> **TASK PROMPT**
Repeat all the data that appears below, keeping it exact.

> **SUPPLIED ENTRIES**
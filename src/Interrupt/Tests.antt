-- ===== src/Interrupt/Tests.antt =====
-- The system calls at concrete values, on devices that are only a queue of scancodes.
use if2230_2023_hexos.Prelude.{
  ◌≢◌, ℤ, ℕ, ◌+◌, ◌*◌, ◌≡◌, refl, ap, ◌==◌, if◌then◌else◌, List, [], ◌∷◌, ◌++◌, Buf, IsBytes,
  bytes_of, load32, done, diverges, arith,
}
use if2230_2023_hexos.Ports.{Bus}
use if2230_2023_hexos.Tests.{Vga, vga_bus, vga_card, powered_on}
use if2230_2023_hexos.Framebuffer.Cursor.{position}
use if2230_2023_hexos.Framebuffer.{framebuffer_get_cursor}
use if2230_2023_hexos.Keyboard.{Machine}
use if2230_2023_hexos.Keyboard.Ps2.{Ps2}
use if2230_2023_hexos.Keyboard.Codes.{codes_of}
use if2230_2023_hexos.Keyboard.Tests.{hex_keys, hex_keys-AreCharacters, waiting}
use if2230_2023_hexos.Fat32.Cluster.{read_clusters, read_clusters_lem}
use if2230_2023_hexos.Fat32.Read.{load_parent}
use if2230_2023_hexos.Fat32.Read.Outcomes.{loaded}
use if2230_2023_hexos.Fat32.Small.{
  zeros, small_disk, small_state, small_state-IsSynced, request_for,
}
use if2230_2023_hexos.Interrupt.{CpuRegister, Kernel, request_at, puts, cmd_ls, syscall}
use if2230_2023_hexos.Interrupt.Puts.{Printed, position-puts, puts-diverges}
use if2230_2023_hexos.Interrupt.Listing.{Listed, cmd_ls-Listed}
use if2230_2023_hexos.Interrupt.Reading.{ReadCall, syscall-ReadCall}
use if2230_2023_hexos.Interrupt.Folder.{Mkdir, syscall-Mkdir}
use if2230_2023_hexos.Fat32.{IsRequest}
use if2230_2023_hexos.Fat32.Layout.{cluster_map}
use if2230_2023_hexos.Fat32.Write.Outcomes.{ParentInUse}
use if2230_2023_hexos.Interrupt.Line.{LineRead, syscall-LineRead}

abbrev take_code : List ℕ → ℕ × List ℕ
take_code [] = (0, [])
take_code (c ∷ cs) = (c, cs)

abbrev pub queue_bus : Bus
queue_bus = record {
  Devices = List ℕ;
  out = λ port v d. d;
  in_byte = λ port d. if port == 0x60 then take_code d else (0, d);
  out16 = λ port v d. d;
  in16 = λ port d. (0, d);
}

pub queue_in : (port : ℕ) (d : List ℕ) → port ≢ 0x60 → (queue_bus.in_byte port d).1 ≡ d
queue_in port d other = ground arith

unfoldable pub queue_ps2 : Ps2 queue_bus
queue_ps2 = record {
  pending = λ d. d;
  next_code = λ d c cs e. (ap (λ l. (take_code l).0) e, ap (λ l. (take_code l).1) e);
  out_pending = λ port v d n n'. refl;
  in_pending = λ port d n n'. queue_in port d n;
}

abbrev typing_machine : Machine (List ℕ)
typing_machine = record {
  keyboard = waiting.keyboard;
  screen = zeros;
  devices = codes_of hex_keys ++ 0x12 ∷ [];
}

-- A request at 0x1000 for the file `b`, with 512 bytes at 0x3000.
abbrev memory : Buf
memory a =
    if a == 0x1001
    then 0x30
    else if a == 0x1004
    then b'b'
    else if a == 0x100F
    then 2
    else if a == 0x1014
    then 2
    else 0

abbrev pub kernel : Kernel (List ℕ)
kernel = record { machine = typing_machine; files = small_state; listing = zeros; memory = memory }

abbrev read_registers : CpuRegister
read_registers = record { eax = 0; ebx = 0x1000; ecx = 0x2000; edx = 0; ebp = 0; esp = 0 }

abbrev line_registers : CpuRegister
line_registers = record { eax = 4; ebx = 0x5000; ecx = 16; edx = 0; ebp = 0; esp = 0 }

abbrev greeting : Buf
greeting = bytes_of (b'h' ∷ b'e' ∷ b'x' ∷ b'O' ∷ b'S' ∷ [])

syscall-LineRead_example :
    (k' : Kernel (List ℕ)) × (syscall queue_bus 8 line_registers kernel ≡ done k')
    × LineRead queue_bus queue_ps2 hex_keys (0x12 ∷ []) line_registers kernel k'
unfolding queue_ps2
syscall-LineRead_example =
    syscall-LineRead queue_bus queue_ps2 8 hex_keys (0x12 ∷ []) line_registers kernel refl
      hex_keys-AreCharacters refl refl (omega arith) (omega arith) (omega arith)

table-IsBytes : IsBytes (loaded (request_at memory 0x1000) small_state)
unfolding load_parent request_at load32
table-IsBytes a = ground (arith, read_clusters_lem zeros 2 small_disk a (omega arith))

syscall-ReadCall_example :
    ReadCall read_registers kernel (syscall queue_bus 0 read_registers kernel)
syscall-ReadCall_example = syscall-ReadCall queue_bus read_registers kernel 0 refl table-IsBytes

abbrev text_machine : Machine Vga
text_machine = record { keyboard = waiting.keyboard; screen = zeros; devices = powered_on }

position-puts_example :
    (m' : Machine Vga) × (puts vga_bus 6 greeting 5 0xF 24 3 text_machine ≡ done m')
    × Printed greeting 0 5 0xF 24 3 text_machine.screen m'.screen
    × (m'.keyboard ≡ text_machine.keyboard)
    × (position vga_bus vga_card m'.devices ≡ (if 3 + 5 == 256 then 80 * 24 else 80 * 24 + 3 + 5))
position-puts_example =
    position-puts vga_bus vga_card 6 greeting 5 0xF 24 3 text_machine (omega arith) (omega arith)
      (omega arith) (omega arith)

puts-diverges_example : puts queue_bus 1000 greeting 256 0xF 24 3 typing_machine ≡ diverges
puts-diverges_example =
    puts-diverges queue_bus 1000 greeting 256 0xF 24 3 typing_machine (omega arith)

cmd_ls-Listed_example :
    let table =
      read_clusters kernel.listing (request_for b'a' 0).parent_cluster_number 1 small_disk in
    (k' : Kernel (List ℕ)) × (cmd_ls queue_bus 9 (request_for b'a' 0) 5 0 kernel ≡ done k')
    × (k'.files ≡ kernel.files)
    × (k'.memory ≡ kernel.memory)
    × (k'.machine.keyboard ≡ kernel.machine.keyboard)
    × Listed table 0 64 5 0 kernel.machine.screen k'.machine.screen
cmd_ls-Listed_example =
    cmd_ls-Listed queue_bus 9 (request_for b'a' 0) 5 0 kernel (omega arith) (omega arith)
      (omega arith)

-- A request at 0x1000 for a new folder `d` in the root folder.
abbrev folder_memory : Buf
folder_memory a = if a == 0x1004 then b'd' else if a == 0x100F then 2 else 0

abbrev folder_kernel : Kernel (List ℕ)
folder_kernel = record kernel { memory = folder_memory }

abbrev folder_registers : CpuRegister
folder_registers = record { eax = 10; ebx = 0x1000; ecx = 0x2000; edx = 0; ebp = 0; esp = 0 }

folder-IsRequest : IsRequest (request_at folder_memory 0x1000)
unfolding request_at load32
folder-IsRequest = record { parent_width = omega arith; size_width = omega arith }

folder-ParentInUse : ParentInUse (request_at folder_memory 0x1000) small_state
unfolding request_at load32 cluster_map
folder-ParentInUse h p = omega arith

syscall-Mkdir_example :
    let (row, col, d) = framebuffer_get_cursor queue_bus folder_kernel.machine.devices in
    (code : ℤ) × (k' : Kernel (List ℕ)) × (syscall queue_bus 25 folder_registers folder_kernel
      ≡ done k')
    × Mkdir queue_bus folder_registers folder_kernel row col code k'
syscall-Mkdir_example =
    syscall-Mkdir queue_bus folder_registers folder_kernel 25 refl (omega arith) folder-IsRequest
      folder-ParentInUse small_state-IsSynced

> **RESPONSE**
filename src/Interrupt/Tests.antt
-- ===== src/Interrupt/Tests.antt =====
-- The system calls at concrete values, on devices that are only a queue of scancodes.
use if2230_2023_hexos.Prelude.{
  ◌≢◌, ℤ, ℕ, ◌+◌, ◌*◌, ◌≡◌, refl, ap, ◌==◌, if◌then◌else◌, List, [], ◌∷◌, ◌++◌, Buf, IsBytes,
  bytes_of, load32, done, diverges, arith,
}
use if2230_2023_hexos.Ports.{Bus}
use if2230_2023_hexos.Tests.{Vga, vga_bus, vga_card, powered_on}
use if2230_2023_hexos.Framebuffer.Cursor.{position}
use if2230_2023_hexos.Framebuffer.{framebuffer_get_cursor}
use if2230_2023_hexos.Keyboard.{Machine}
use if2230_2023_hexos.Keyboard.Ps2.{Ps2}
use if2230_2023_hexos.Keyboard.Codes.{codes_of}
use if2230_2023_hexos.Keyboard.Tests.{hex_keys, hex_keys-AreCharacters, waiting}
use if2230_2023_hexos.Fat32.Cluster.{read_clusters, read_clusters_lem}
use if2230_2023_hexos.Fat32.Read.{load_parent}
use if2230_2023_hexos.Fat32.Read.Outcomes.{loaded}
use if2230_2023_hexos.Fat32.Small.{
  zeros, small_disk, small_state, small_state-IsSynced, request_for,
}
use if2230_2023_hexos.Interrupt.{CpuRegister, Kernel, request_at, puts, cmd_ls, syscall}
use if2230_2023_hexos.Interrupt.Puts.{Printed, position-puts, puts-diverges}
use if2230_2023_hexos.Interrupt.Listing.{Listed, cmd_ls-Listed}
use if2230_2023_hexos.Interrupt.Reading.{ReadCall, syscall-ReadCall}
use if2230_2023_hexos.Interrupt.Folder.{Mkdir, syscall-Mkdir}
use if2230_2023_hexos.Fat32.{IsRequest}
use if2230_2023_hexos.Fat32.Layout.{cluster_map}
use if2230_2023_hexos.Fat32.Write.Outcomes.{ParentInUse}
use if2230_2023_hexos.Interrupt.Line.{LineRead, syscall-LineRead}

abbrev take_code : List ℕ → ℕ × List ℕ
take_code [] = (0, [])
take_code (c ∷ cs) = (c, cs)

abbrev pub queue_bus : Bus
queue_bus = record {
  Devices = List ℕ;
  out = λ port v d. d;
  in_byte = λ port d. if port == 0x60 then take_code d else (0, d);
  out16 = λ port v d. d;
  in16 = λ port d. (0, d);
}

pub queue_in : (port : ℕ) (d : List ℕ) → port ≢ 0x60 → (queue_bus.in_byte port d).1 ≡ d
queue_in port d other = ground arith

unfoldable pub queue_ps2 : Ps2 queue_bus
queue_ps2 = record {
  pending = λ d. d;
  next_code = λ d c cs e. (ap (λ l. (take_code l).0) e, ap (λ l. (take_code l).1) e);
  out_pending = λ port v d n n'. refl;
  in_pending = λ port d n n'. queue_in port d n;
}

abbrev typing_machine : Machine (List ℕ)
typing_machine = record {
  keyboard = waiting.keyboard;
  screen = zeros;
  devices = codes_of hex_keys ++ 0x12 ∷ [];
}

-- A request at 0x1000 for the file `b`, with 512 bytes at 0x3000.
abbrev memory : Buf
memory a =
    if a == 0x1001
    then 0x30
    else if a == 0x1004
    then b'b'
    else if a == 0x100F
    then 2
    else if a == 0x1014
    then 2
    else 0

abbrev pub kernel : Kernel (List ℕ)
kernel = record { machine = typing_machine; files = small_state; listing = zeros; memory = memory }

abbrev read_registers : CpuRegister
read_registers = record { eax = 0; ebx = 0x1000; ecx = 0x2000; edx = 0; ebp = 0; esp = 0 }

abbrev line_registers : CpuRegister
line_registers = record { eax = 4; ebx = 0x5000; ecx = 16; edx = 0; ebp = 0; esp = 0 }

abbrev greeting : Buf
greeting = bytes_of (b'h' ∷ b'e' ∷ b'x' ∷ b'O' ∷ b'S' ∷ [])

syscall-LineRead_example :
    (k' : Kernel (List ℕ)) × (syscall queue_bus 8 line_registers kernel ≡ done k')
    × LineRead queue_bus queue_ps2 hex_keys (0x12 ∷ []) line_registers kernel k'
unfolding queue_ps2
syscall-LineRead_example =
    syscall-LineRead queue_bus queue_ps2 8 hex_keys (0x12 ∷ []) line_registers kernel refl
      hex_keys-AreCharacters refl refl (omega arith) (omega arith) (omega arith)

table-IsBytes : IsBytes (loaded (request_at memory 0x1000) small_state)
unfolding load_parent request_at load32
table-IsBytes a = ground (arith, read_clusters_lem zeros 2 small_disk a (omega arith))

syscall-ReadCall_example :
    ReadCall read_registers kernel (syscall queue_bus 0 read_registers kernel)
syscall-ReadCall_example = syscall-ReadCall queue_bus read_registers kernel 0 refl table-IsBytes

abbrev text_machine : Machine Vga
text_machine = record { keyboard = waiting.keyboard; screen = zeros; devices = powered_on }

position-puts_example :
    (m' : Machine Vga) × (puts vga_bus 6 greeting 5 0xF 24 3 text_machine ≡ done m')
    × Printed greeting 0 5 0xF 24 3 text_machine.screen m'.screen
    × (m'.keyboard ≡ text_machine.keyboard)
    × (position vga_bus vga_card m'.devices ≡ (if 3 + 5 == 256 then 80 * 24 else 80 * 24 + 3 + 5))
position-puts_example =
    position-puts vga_bus vga_card 6 greeting 5 0xF 24 3 text_machine (omega arith) (omega arith)
      (omega arith) (omega arith)

puts-diverges_example : puts queue_bus 1000 greeting 256 0xF 24 3 typing_machine ≡ diverges
puts-diverges_example =
    puts-diverges queue_bus 1000 greeting 256 0xF 24 3 typing_machine (omega arith)

cmd_ls-Listed_example :
    let table =
      read_clusters kernel.listing (request_for b'a' 0).parent_cluster_number 1 small_disk in
    (k' : Kernel (List ℕ)) × (cmd_ls queue_bus 9 (request_for b'a' 0) 5 0 kernel ≡ done k')
    × (k'.files ≡ kernel.files)
    × (k'.memory ≡ kernel.memory)
    × (k'.machine.keyboard ≡ kernel.machine.keyboard)
    × Listed table 0 64 5 0 kernel.machine.screen k'.machine.screen
cmd_ls-Listed_example =
    cmd_ls-Listed queue_bus 9 (request_for b'a' 0) 5 0 kernel (omega arith) (omega arith)
      (omega arith)

-- A request at 0x1000 for a new folder `d` in the root folder.
abbrev folder_memory : Buf
folder_memory a = if a == 0x1004 then b'd' else if a == 0x100F then 2 else 0

abbrev folder_kernel : Kernel (List ℕ)
folder_kernel = record kernel { memory = folder_memory }

abbrev folder_registers : CpuRegister
folder_registers = record { eax = 10; ebx = 0x1000; ecx = 0x2000; edx = 0; ebp = 0; esp = 0 }

folder-IsRequest : IsRequest (request_at folder_memory 0x1000)
unfolding request_at load32
folder-IsRequest = record { parent_width = omega arith; size_width = omega arith }

folder-ParentInUse : ParentInUse (request_at folder_memory 0x1000) small_state
unfolding request_at load32 cluster_map
folder-ParentInUse h p = omega arith

syscall-Mkdir_example :
    let (row, col, d) = framebuffer_get_cursor queue_bus folder_kernel.machine.devices in
    (code : ℤ) × (k' : Kernel (List ℕ)) × (syscall queue_bus 25 folder_registers folder_kernel
      ≡ done k')
    × Mkdir queue_bus folder_registers folder_kernel row col code k'
syscall-Mkdir_example =
    syscall-Mkdir queue_bus folder_registers folder_kernel 25 refl (omega arith) folder-IsRequest
      folder-ParentInUse small_state-IsSynced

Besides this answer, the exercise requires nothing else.